== What is required ==
Every line with the string "whole" must be copied from the entries below.

--*--

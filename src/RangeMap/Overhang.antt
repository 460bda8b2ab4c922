-- ===== src/RangeMap/Overhang.antt =====
-- range_map.hpp: `erase(l, r)` where an interval starts at `l` and ends after `r`. The interval is
-- cut down to an empty one, `[l, l)`, which stays in the map.
use mathlib.Core.Path.{subst}
use efiperun_mod.Prelude.{
  ℕ, suc, ◌+◌, ◌≡◌, ◌≤◌, ◌<◌, refl, sym, ap, ◌∙◌, true, false, ◌&&◌, Option, none, some, List, [],
  ◌∷◌, leb, ◌==◌, arith, length, inl, inr, Bool-cases, lt→ltb, le→leb, ==_iff, Eq, leb-eq-false,
  ltb-eq-false, if_same,
}
use efiperun_mod.RangeMap.{
  Entry, Map, Place, leave, rejoin, seek, lower_bound, locate, from_point, inject, inject_at,
  adjust, fill_gap, left_merge, right_merge, right_or, key_or, ends_before, map_emplace, erase_key,
  erase_round, erase_loop, erase_range, lookup, insert, insert_at,
}
use efiperun_mod.RangeMap.Intervals.{
  view, IsFrom, IsUpto, bound, IsUpto-mono, IsFrom-mono, map_emplace-rejoin, erase_key-rejoin,
}
use efiperun_mod.RangeMap.Pending.{NextFrom, from_point-NextFrom}
use efiperun_mod.RangeMap.Erase.{overhangs, erase_loop-leave}

module _ {ℓ} {V : Type ℓ} where
  seek-rejoin :
      (p n : ℕ) (b a : List (Entry V)) → n ≤ p → IsUpto n b → seek p [] (rejoin b a) ≡ seek p b a
  unfolding rejoin
  seek-rejoin p n [] a h u = refl
  seek-rejoin p n (e ∷ b) a h u =
      seek-rejoin p e.left b (e ∷ a) (omega arith) u.2
      ∙ (unfold seek in rw (lt→ltb e.left p (omega arith)))

  -- an entry at `p` itself is found, though it be empty
  locate-first :
      (p : ℕ) (b a : List (Entry V)) (e : Entry V)
      → IsUpto p b
      → e.left ≡ p
      → locate p (lower_bound p (rejoin b (e ∷ a))) ≡ some (b, e, a)
  unfolding lower_bound
  locate-first p b a e u at =
      ap (locate p) {y = (b, e ∷ a)} (
        seek-rejoin p p b (e ∷ a) (omega arith) u
        ∙ (unfold seek in rw (ltb-eq-false e.left p (omega arith))))
      ∙ (unfold locate in rw ((==_iff p e.left).1 (sym at)))

module _ {V : Type 0} ⦃veq : Eq V⦄ where
  -- a map with an empty interval at `l`
  pub record HasStub (l : ℕ) (m : Map V) : Type 0 where
    pub b : List (Entry V)
    pub e : Entry V
    pub a : List (Entry V)
    pub whole : rejoin b (e ∷ a) ≡ m
    pub upto : IsUpto l b
    pub starts : e.left ≡ l
    pub ends : e.right ≡ l

  pub locate-HasStub :
      (l : ℕ) (m : Map V) (s : HasStub l m) → locate l (lower_bound l m) ≡ some (s.b, s.e, s.a)
  locate-HasStub l m s =
      subst (λ k. locate l (lower_bound l k) ≡ some (s.b, s.e, s.a)) s.whole
        (locate-first l s.b s.a s.e s.upto s.starts)

  pub lookup-HasStub : (l : ℕ) (m : Map V) (s : HasStub l m) → lookup l m ≡ some s.e.value
  unfolding lookup
  lookup-HasStub l m s =
      subst (λ k. lookup l k ≡ some s.e.value) s.whole
        (rw (lookup, locate-first l s.b s.a s.e s.upto s.starts))

  pub insert-HasStub : (l r : ℕ) (v : V) (m : Map V) → HasStub l m → insert l r v m ≡ (m, false)
  unfolding insert insert_at
  insert-HasStub l r v m s =
      subst (λ k. insert l r v k ≡ (k, false)) s.whole
        (rw (locate-first l s.b s.a s.e s.upto s.starts) (if_same (leb r l) _))

  seek_stop : (p : ℕ) (b a : List (Entry V)) → IsFrom p a → seek p b a ≡ (b, a)
  unfolding seek
  seek_stop p b [] f = refl
  seek_stop p b (n ∷ a) f = rw (ltb-eq-false n.left p f.0)

  adjust_stop :
      (p : ℕ) (b : List (Entry V)) (e : Entry V) (a : List (Entry V))
      → IsFrom (p + 1) a
      → adjust p (e ∷ b, a) ≡ some (b, e, a)
  unfolding adjust
  adjust_stop p b e [] f = refl
  adjust_stop p b e (n ∷ a) f = let apart : p == n.left ≡ false = ground arith in rw apart

  ends_before-IsFrom : (r : ℕ) (a : List (Entry V)) → IsFrom r a → ends_before r a ≡ true
  unfolding ends_before
  ends_before-IsFrom r [] f = refl
  ends_before-IsFrom r (n ∷ a) f = le→leb r n.left f.0

  module _ (l r z : ℕ) (v : V) (b : List (Entry V)) (e : Entry V) (a : List (Entry V)) (lr : l < r)
      (rz : r < z) (upto : IsUpto l b) (starts : e.left ≡ l) (ends : e.right ≡ l)
      (rest : IsFrom z a) where
    emplaced : (x : ℕ) → map_emplace r x v (rejoin b (e ∷ a)) ≡ rejoin b (e ∷ map_emplace r x v a)
    emplaced x =
        map_emplace-rejoin r x v b (e ∷ a) (IsUpto-mono l r b (omega arith) upto)
        ∙ ap (rejoin b) (unfold map_emplace in rw (lt→ltb e.left r (omega arith)))

    -- what stands in the map after the empty interval
    stub : (x : List (Entry V)) → HasStub l (rejoin b (e ∷ x))
    stub x = record { b = b; e = e; a = x; whole = refl; upto = upto; starts = starts; ends = ends }

    erased :
        (k : ℕ) (x : List (Entry V))
        → l < k
        → erase_key k (rejoin b (e ∷ x)) ≡ rejoin b (e ∷ erase_key k x)
    erased k x lt =
        let apart : e.left == k ≡ false = ground (arith, starts) in
        erase_key-rejoin k b (e ∷ x) (IsUpto-mono l k b (omega arith) upto)
        ∙ ap (rejoin b) (unfold erase_key in rw apart)

    no_left_merge : left_merge r v (e ∷ b) ≡ false
    unfolding left_merge
    no_left_merge = let apart : r == e.right ≡ false = ground (arith, ends) in rw apart

    key_beyond : right_merge z v a ≡ true → l < key_or z a
    key_beyond t = after a rest
      where
        after : (x : List (Entry V)) → IsFrom z x → l < key_or z x
        after [] f = unfold key_or in omega (arith, lr, rz)
        after (n ∷ x) f = unfold key_or in omega (arith, lr, rz)

    fill-HasStub : HasStub l (fill_gap r z v (e ∷ b) a)
    unfolding rejoin
    fill-HasStub = elim (Bool-cases (right_merge z v a)) [
      | inl t ↦
          let y = right_or z a in
          let k = key_or z a in
          subst (HasStub l)
            (sym (
              merged t
              ∙ ap (erase_key k) (emplaced y)
              ∙ erased k (map_emplace r y v a) (key_beyond t)))
            (stub (erase_key k (map_emplace r y v a)))
      | inr t ↦ subst (HasStub l) (sym (plain t ∙ emplaced z)) (stub (map_emplace r z v a))
    ]
      where
        merged :
            right_merge z v a ≡ true
            → fill_gap r z v (e ∷ b) a
              ≡ erase_key (key_or z a) (map_emplace r (right_or z a) v (rejoin (e ∷ b) a))
        merged t = unfold fill_gap in rw (no_left_merge, t)

        plain :
            right_merge z v a ≡ false
            → fill_gap r z v (e ∷ b) a ≡ map_emplace r z v (rejoin (e ∷ b) a)
        plain t = unfold fill_gap in rw (no_left_merge, t)

    placed : adjust r (lower_bound r (rejoin b (e ∷ a))) ≡ some (b, e, a)
    unfolding lower_bound
    placed =
        let step : seek r b (e ∷ a) ≡ seek r (e ∷ b) a =
          rw (lt→ltb e.left r (omega (arith, starts))) in
        ap (adjust r) {y = (e ∷ b, a)} (
          seek-rejoin r l b (e ∷ a) (omega arith) upto
          ∙ step
          ∙ seek_stop r (e ∷ b) a (IsFrom-mono z r a (omega arith) rest))
        ∙ adjust_stop r b e a (IsFrom-mono z (r + 1) a (omega arith) rest)

    inject-HasStub : HasStub l (inject r z v (rejoin b (e ∷ a))).0
    unfolding inject inject_at
    inject-HasStub =
        let nonempty : leb z r ≡ false = ground (arith, rz) in
        let below : leb z e.left ≡ false = ground (arith, starts, lr, rz) in
        let beyond : leb e.right r ≡ true = ground (arith, ends, lr) in
        rw (nonempty, placed, below, beyond, ends_before-IsFrom z a rest) fill-HasStub

  pub overhangs-eq-false : (l r : ℕ) (m : Map V) → l < r → view m l ≡ none → overhangs l r m ≡ false
  unfolding overhangs view
  overhangs-eq-false l r [] lt h = refl
  overhangs-eq-false l r (x ∷ m) lt h = ground (arith, overhangs-eq-false l r m)

  pub overhangs_later : (l r : ℕ) (a : List (Entry V)) → IsFrom (l + 1) a → overhangs l r a ≡ false
  unfolding overhangs
  overhangs_later l r [] f = refl
  overhangs_later l r (x ∷ a) f =
      let rest = overhangs_later l r a (IsFrom-mono x.right (l + 1) a (omega arith) f.2) in
      ground arith

  pub overhangs_before :
      (l r : ℕ) (b a : List (Entry V)) → IsUpto l b → overhangs l r (rejoin b a) ≡ overhangs l r a
  unfolding overhangs rejoin
  overhangs_before l r [] a u = refl
  overhangs_before l r (x ∷ b) a u =
      overhangs_before l r b (x ∷ a) (IsUpto-mono x.left l b (omega arith) u.2)
      ∙ (let apart : x.left == l ≡ false = ground arith in rw apart)

  -- the test that cuts the interval down
  erase_round-overhang :
      (l r : ℕ) (m : Map V) (b : List (Entry V)) (e : Entry V) (a : List (Entry V))
      → l < r
      → e.left ≡ l
      → r < e.right
      → erase_round l r m (some (b, e, a))
        ≡ leave (inject r e.right e.value (rejoin b (record e { right = l } ∷ a))).0
  erase_round-overhang l r m b e a lt at over =
      let near : leb r e.left ≡ false = ground arith in
      let notall : leb l e.left && leb e.right r ≡ false = ground arith in
      let whole : leb e.left l && leb r e.right ≡ true = ground arith in
      unfold erase_round in rw (near, notall, whole)

  overhang_first :
      (l r : ℕ) (e : Entry V) (a : List (Entry V))
      → IsFrom (l + 1) a
      → overhangs l r (e ∷ a) ≡ true
      → (e.left ≡ l) × (r < e.right)
  overhang_first l r e a f h =
      let later = overhangs_later l r a f in unfold overhangs in ground arith

  -- Where an interval starts at `l` and ends after `r`, `erase(l, r)` leaves the empty interval
  -- `[l, l)` in the map.
  pub erase_range-HasStub :
      (l r : ℕ) (m : Map V)
      → IsFrom 0 m
      → l < r
      → overhangs l r m ≡ true
      → (m' : Map V) × (erase_range l r m ≡ some m') × HasStub l m'
  unfolding erase_range
  erase_range-HasStub l r m f lt h =
      rw (leb-eq-false r l lt) (from_next (from_point l m) (from_point-NextFrom l m f) refl)
    where
      from_next :
          (w : Option (Place V))
          → NextFrom l m w
          → from_point l m ≡ w
          → (m' : Map V) × (erase_loop (suc (length m)) l r l m ≡ some m') × HasStub l m'
      from_next none n e = absurd (cc (h, overhangs-eq-false l r m lt (n l (omega arith))))
      from_next (some (b, e, a)) n eq =
          let upto = IsUpto-mono (bound b) l b n.before n.upto in
          let (at, over) =
            overhang_first l r e a
              (IsFrom-mono e.right (l + 1) a (omega (arith, n.reaches)) n.rest.2)
              (sym (overhangs_before l r b (e ∷ a) upto) ∙ rw n.whole h) in
          (
            _,
            erase_loop-leave (length m) l r l m _
                (rw eq (erase_round-overhang l r m b e a lt at over)),
            inject-HasStub l r e.right e.value b (record e { right = l }) a lt over upto at refl
                n.rest.2,
          )

  -- Where an interval starts at `l` and ends after `r`, `erase(l, r)` does not clear `l`: the map
  -- that it leaves still gives `l` a value, and refuses to insert any interval that starts at `l`.
  pub erase_range_overhang :
      (l r : ℕ) (m : Map V)
      → IsFrom 0 m
      → l < r
      → overhangs l r m ≡ true
      → (m' : Map V) × (v : V) × (erase_range l r m ≡ some m')
        × (lookup l m' ≡ some v)
        × ((z : ℕ) (w : V) → insert l z w m' ≡ (m', false))
  erase_range_overhang l r m f lt h =
      let (m', run, s) = erase_range-HasStub l r m f lt h in
      (m', s.e.value, run, lookup-HasStub l m' s, λ z w. insert-HasStub l z w m' s)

--*--

== Output for this exercise ==
    pub whole : rejoin b (e ∷ a) ≡ m
      subst (λ k. locate l (lower_bound l k) ≡ some (s.b, s.e, s.a)) s.whole
      subst (λ k. lookup l k ≡ some s.e.value) s.whole
      subst (λ k. insert l r v k ≡ (k, false)) s.whole
    stub x = record { b = b; e = e; a = x; whole = refl; upto = upto; starts = starts; ends = ends }
      let whole : leb e.left l && leb r e.right ≡ true = ground arith in
      unfold erase_round in rw (near, notall, whole)
              (sym (overhangs_before l r b (e ∷ a) upto) ∙ rw n.whole h) in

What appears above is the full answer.